To aid in this, there is MarginalEffects
, a tool for plotting our model-predictions as a function of each predictor:
glm_me = MarginalEffects(glm)
glm_me.fit(
X=df_val_expanded,
y=df_val_expanded['is_click'],
vary_features=['page_feat3']
).plot()
<ggplot: (8777751556441)>
Here we see that how this predictor's impact on click-rates varies due to floor effects.

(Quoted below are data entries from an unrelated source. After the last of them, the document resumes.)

-- ===== src/Periodic/Timer/Laws/Reach.antt =====
-- What can happen to the periodic I/O of a client, in any order.
use google_lwis.Prelude.{ℕ}
use google_lwis.Kernel.{Kernel, World}
use google_lwis.Io.{Bus, IsBus, reg_value_bytewidth}
use google_lwis.Transaction.Submit.{Site}
use google_lwis.Periodic.{PeriodicIo, PeriodicIoList, ClientPeriodic}
use google_lwis.Periodic.Process.{Stop}
use google_lwis.Periodic.Timer.{
  lwis_periodic_io_submit, periodic_io_timer_func, lwis_periodic_io_cancel, periodic_io_work_func,
  lwis_periodic_io_client_flush,
}
use google_lwis.Periodic.Timer.Laws.{IsFitting}

module _ (k : Kernel) {Hw : Type 0} (bus : Bus Hw) (law : IsBus bus) where
  abbrev width : ℕ
  width = reg_value_bytewidth bus

  -- What can happen to the periodic I/O of a client.
  pub data Step : ClientPeriodic → ClientPeriodic → Type 0 where
    submitted :
        (s : Site Hw) (c : ClientPeriodic) (p : PeriodicIo)
        → IsFitting width p.info
        → Step c ((lwis_periodic_io_submit k s c width p).1)
    ticked :
        (w : World Hw) (c : ClientPeriodic) (l : PeriodicIoList)
        → Step c ((periodic_io_timer_func k w c l).1)
    worked :
        (stop : ℕ → Stop) (w : World Hw) (c : ClientPeriodic)
        → Step c ((periodic_io_work_func k bus stop w c).0)
    canceled : (c : ClientPeriodic) (id : ℕ) → Step c ((lwis_periodic_io_cancel c id).1)
    flushed :
        (stop : ℕ → Stop) (w : World Hw) (c : ClientPeriodic)
        → Step c ((lwis_periodic_io_client_flush k bus stop w c).0)

  pub data Reachable : ClientPeriodic → ClientPeriodic → Type 0 where
    here : (c : ClientPeriodic) → Reachable c c
    and_next : (a b c : ClientPeriodic) → Reachable a b → Step b c → Reachable a c
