-- ===== src/Slc/Ascending.antt =====
-- The sizes of the partitions of the system level cache stay sorted.
use google_lwis.Prelude.{
  ℕ, zero, suc, ◌+◌, ◌-◌, ◌≤◌, ◌<◌, ◌≡◌, refl, sym, ap, subst, not, Option, none, some, List, [],
  ◌∷◌, arith, ltb, ◌==◌, if◌then◌else◌, get_elem?, set, All, All-map, Option-cases, if-cases, inl,
  inr,
}
use google_lwis.Supply.{Got, handle, refused}
use google_lwis.Slc.{
  SlcPartition, SlcDevice, SlcTree, PtApi, is_free, is_negative, find_partition, read_sizes_kb,
  new_partitions, registered, with_sizes, disable_with, max_num_pt, close_partitions,
  take_partition, alloc_at, alloc_found, alloc_with, free_at, free_file, lwis_slc_enable,
  lwis_slc_disable, lwis_slc_buffer_alloc, lwis_slc_buffer_free, pt_ptid_invalid,
}

abbrev pub Sorted : List ℕ → Type 0
Sorted [] = Unit {0}
Sorted (x ∷ xs) = All (λ y. x ≤ y) xs × Sorted xs

abbrev pub sizes_of : List SlcPartition → List ℕ
sizes_of [] = []
sizes_of (p ∷ ps) = p.size_kb ∷ sizes_of ps

-- No partition is smaller than one before it.
abbrev pub IsAscending : SlcDevice → Type 0
IsAscending d = Sorted (sizes_of d.pt)

pub data SlcUse : Type 0 where
  enabling : SlcTree → SlcUse
  disabling : SlcUse
  request : ℕ → SlcUse
  return : ℕ → SlcUse

-- The sizes read from an index on are sorted, and not below the one before.
read_sizes_kb-Sorted :
    (pt_size : ℕ → ℕ) (i n : ℕ) (sizes : List ℕ)
    → read_sizes_kb pt_size i n ≡ some sizes
    → Sorted sizes × (0 < i → All (λ x. pt_size (i - 1) ≤ x) sizes)
unfolding read_sizes_kb
read_sizes_kb-Sorted pt_size i zero [] e = (tt, λ h. tt)
read_sizes_kb-Sorted pt_size i zero (x ∷ xs) e = absurd (cc)
read_sizes_kb-Sorted pt_size i (suc n) sizes e =
    elim (Option-cases (read_sizes_kb pt_size (i + 1) n)) [
      | inl bad ↦ absurd (ground arith)
      | inr (rest, good) ↦
          (let eq : pt_size i ∷ rest ≡ sizes = ground arith in
            let step : 0 < i → pt_size (i - 1) ≤ pt_size i = λ h. ground arith in
            let later = read_sizes_kb-Sorted pt_size (i + 1) n rest good in
            let above : All (λ x. pt_size i ≤ x) rest =
              All-map (λ x h. subst (λ k. pt_size k ≤ x) (omega arith) h) rest
                (later.1 (omega arith)) in
            subst (λ l. Sorted l × (0 < i → All (λ x. pt_size (i - 1) ≤ x) l)) eq
              (
                (above, later.0),
                (λ h. (step h, All-map (λ x k. omega (arith, step h, k)) rest above)),
              ))
    ]

sizes_of-new : (h i : ℕ) (sizes : List ℕ) → sizes_of (new_partitions h i sizes) ≡ sizes
unfolding new_partitions
sizes_of-new h i [] = refl
sizes_of-new h i (x ∷ xs) = ap (λ l. x ∷ l) (sizes_of-new h (i + 1) xs)

sizes_of-set :
    (ps : List SlcPartition) (i : ℕ) (p q : SlcPartition)
    → get_elem? ps i ≡ some p
    → q.size_kb ≡ p.size_kb
    → sizes_of (set ps i q) ≡ sizes_of ps
sizes_of-set [] i p q e h = refl
sizes_of-set (x ∷ ps) zero p q e h = ground arith
sizes_of-set (x ∷ ps) (suc i) p q e h = ap (λ l. x.size_kb ∷ l) (sizes_of-set ps i p q e h)

module _ {Hw : Type 0} (api : PtApi Hw) where
  close_partitions-sizes :
      (hw : Hw) (h : ℕ) (ps : List SlcPartition)
      → sizes_of (close_partitions api hw h ps).0 ≡ sizes_of ps
  unfolding close_partitions
  close_partitions-sizes hw h [] = refl
  close_partitions-sizes hw h (p ∷ ps) = ground (
    arith,
    close_partitions-sizes (if is_free p then hw else api.pt_client_disable hw h p.id) h ps,
  )

  take-sizes :
      (hw : Hw) (d : SlcDevice) (h i : ℕ) (p : SlcPartition)
      → get_elem? d.pt i ≡ some p
      → sizes_of (take_partition api hw d h i p).3.pt ≡ sizes_of d.pt
  unfolding take_partition
  take-sizes hw d h i p there =
      let (partition_id, hw1) = api.pt_client_enable hw h p.id in
      let fd = (api.anon_inode_getfd hw1 i).0 in
      let P = λ (x : ℕ × ℕ × ℕ × SlcDevice × Hw). sizes_of x.3.pt ≡ sizes_of d.pt in
      if-cases P (partition_id == pt_ptid_invalid) (λ e. refl)
        (λ e. if-cases P (is_negative fd) (λ e. refl) (λ e. sizes_of-set d.pt i p _ there refl))

  at-sizes :
      (hw : Hw) (d : SlcDevice) (h i : ℕ) (o : Option SlcPartition)
      → get_elem? d.pt i ≡ o
      → sizes_of (alloc_at api hw d h i o).3.pt ≡ sizes_of d.pt
  unfolding alloc_at
  at-sizes hw d h i none there = refl
  at-sizes hw d h i (some p) there = take-sizes hw d h i p there

  found-sizes :
      (hw : Hw) (d : SlcDevice) (h : ℕ) (o : Option ℕ)
      → sizes_of (alloc_found api hw d h o).3.pt ≡ sizes_of d.pt
  unfolding alloc_found
  found-sizes hw d h none = refl
  found-sizes hw d h (some i) = at-sizes hw d h i (get_elem? d.pt i) refl

  with-sizes :
      (hw : Hw) (d : SlcDevice) (size : ℕ) (o : Option ℕ)
      → sizes_of (alloc_with api hw d size o).3.pt ≡ sizes_of d.pt
  unfolding alloc_with
  with-sizes hw d size none = refl
  with-sizes hw d size (some h) = found-sizes hw d h (find_partition d.pt size 0)

  freed-sizes :
      (hw : Hw) (d : SlcDevice) (fd i : ℕ) (o : Option SlcPartition)
      → get_elem? d.pt i ≡ o
      → sizes_of (free_at api hw d fd i o).1.pt ≡ sizes_of d.pt
  unfolding free_at
  freed-sizes hw d fd i none there = refl
  freed-sizes hw d fd i (some p) there =
      let P = λ (x : ℕ × SlcDevice × Hw). sizes_of x.1.pt ≡ sizes_of d.pt in
      if-cases P (not (p.fd == fd)) (λ e. refl)
        (λ e. if-cases P (is_free p) (λ e. refl) (λ e. sizes_of-set d.pt i p _ there refl))

  file-sizes :
      (hw : Hw) (d : SlcDevice) (fd : ℕ) (o : Option ℕ)
      → sizes_of (free_file api hw d fd o).1.pt ≡ sizes_of d.pt
  unfolding free_file
  file-sizes hw d fd none = refl
  file-sizes hw d fd (some i) = freed-sizes hw d fd i (get_elem? d.pt i) refl

  enabled-IsAscending :
      (hw : Hw) (tree : SlcTree) (d : SlcDevice)
      → IsAscending d
      → IsAscending (lwis_slc_enable api hw tree d).1
  unfolding lwis_slc_enable
  enabled-IsAscending hw tree d before =
      let n = (if is_negative tree.num_pt_id then 0 else tree.num_pt_id) in
      let P = λ (x : ℕ × SlcDevice × Hw). IsAscending x.1 in
      if-cases P (not (tree.num_pt_id == tree.num_pt_size)) (λ e. before)
        (λ e.
          if-cases P (ltb max_num_pt n) (λ e. before)
            (λ e. by_sizes (read_sizes_kb tree.pt_size 0 n) refl))
    where
      by_answer :
          (sizes : List ℕ) (got : Got × Hw)
          → Sorted sizes
          → IsAscending (registered api d sizes got).1
      by_answer sizes (refused err, hw1) sorted = before
      by_answer sizes (handle h, hw1) sorted = subst Sorted (sym (sizes_of-new h 0 sizes)) sorted

      by_sizes :
          (o : Option (List ℕ))
          → read_sizes_kb tree.pt_size 0 (if is_negative tree.num_pt_id then 0 else tree.num_pt_id)
            ≡ o
          → IsAscending (with_sizes api hw d o).1
      by_sizes none e = before
      by_sizes (some sizes) e =
          by_answer sizes (api.pt_client_register hw)
            (read_sizes_kb-Sorted tree.pt_size 0 _ sizes e).0

  disabled-sizes :
      (hw : Hw) (d : SlcDevice) (o : Option ℕ)
      → sizes_of (disable_with api hw d o).1.pt ≡ sizes_of d.pt
  unfolding disable_with
  disabled-sizes hw d none = refl
  disabled-sizes hw d (some h) = close_partitions-sizes hw h d.pt

  -- What is done to the device from its probing on, whatever each call returns.
  unfoldable pub run_uses : Hw → SlcDevice → List SlcUse → SlcDevice × Hw
  run_uses hw d [] = (d, hw)
  run_uses hw d (enabling tree ∷ us) =
      let result = lwis_slc_enable api hw tree d in run_uses result.2 result.1 us
  run_uses hw d (disabling ∷ us) =
      let result = lwis_slc_disable api hw d in run_uses result.2 result.1 us
  run_uses hw d (request size ∷ us) =
      let result = lwis_slc_buffer_alloc api hw d size in run_uses result.4 result.3 us
  run_uses hw d (return fd ∷ us) =
      let result = lwis_slc_buffer_free api hw d fd in run_uses result.2 result.1 us

  pub run_uses-IsAscending :
      (hw : Hw) (d : SlcDevice) (us : List SlcUse)
      → IsAscending d
      → IsAscending (run_uses hw d us).0
  unfolding run_uses lwis_slc_buffer_alloc lwis_slc_buffer_free lwis_slc_disable
  run_uses-IsAscending hw d [] h = h
  run_uses-IsAscending hw d (enabling tree ∷ us) h =
      let result = lwis_slc_enable api hw tree d in
      run_uses-IsAscending result.2 result.1 us (enabled-IsAscending hw tree d h)
  run_uses-IsAscending hw d (disabling ∷ us) h =
      let result = lwis_slc_disable api hw d in
      run_uses-IsAscending result.2 result.1 us
        (subst Sorted (sym (disabled-sizes hw d d.partition_handle)) h)
  run_uses-IsAscending hw d (request size ∷ us) h =
      let result = lwis_slc_buffer_alloc api hw d size in
      run_uses-IsAscending result.4 result.3 us
        (subst Sorted (sym (with-sizes hw d size d.partition_handle)) h)
  run_uses-IsAscending hw d (return fd ∷ us) h =
      let result = lwis_slc_buffer_free api hw d fd in
      run_uses-IsAscending result.2 result.1 us
        (subst Sorted (sym (file-sizes hw d fd (api.fget hw fd))) h)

As a bonus, we plotted the actual values alongside the predictions, and we can see potential room for improvement in our model: it looks like very high values of this predictor have especially high click-rates, so an extra step in feature-engineering that captures this discontinuity may be warranted.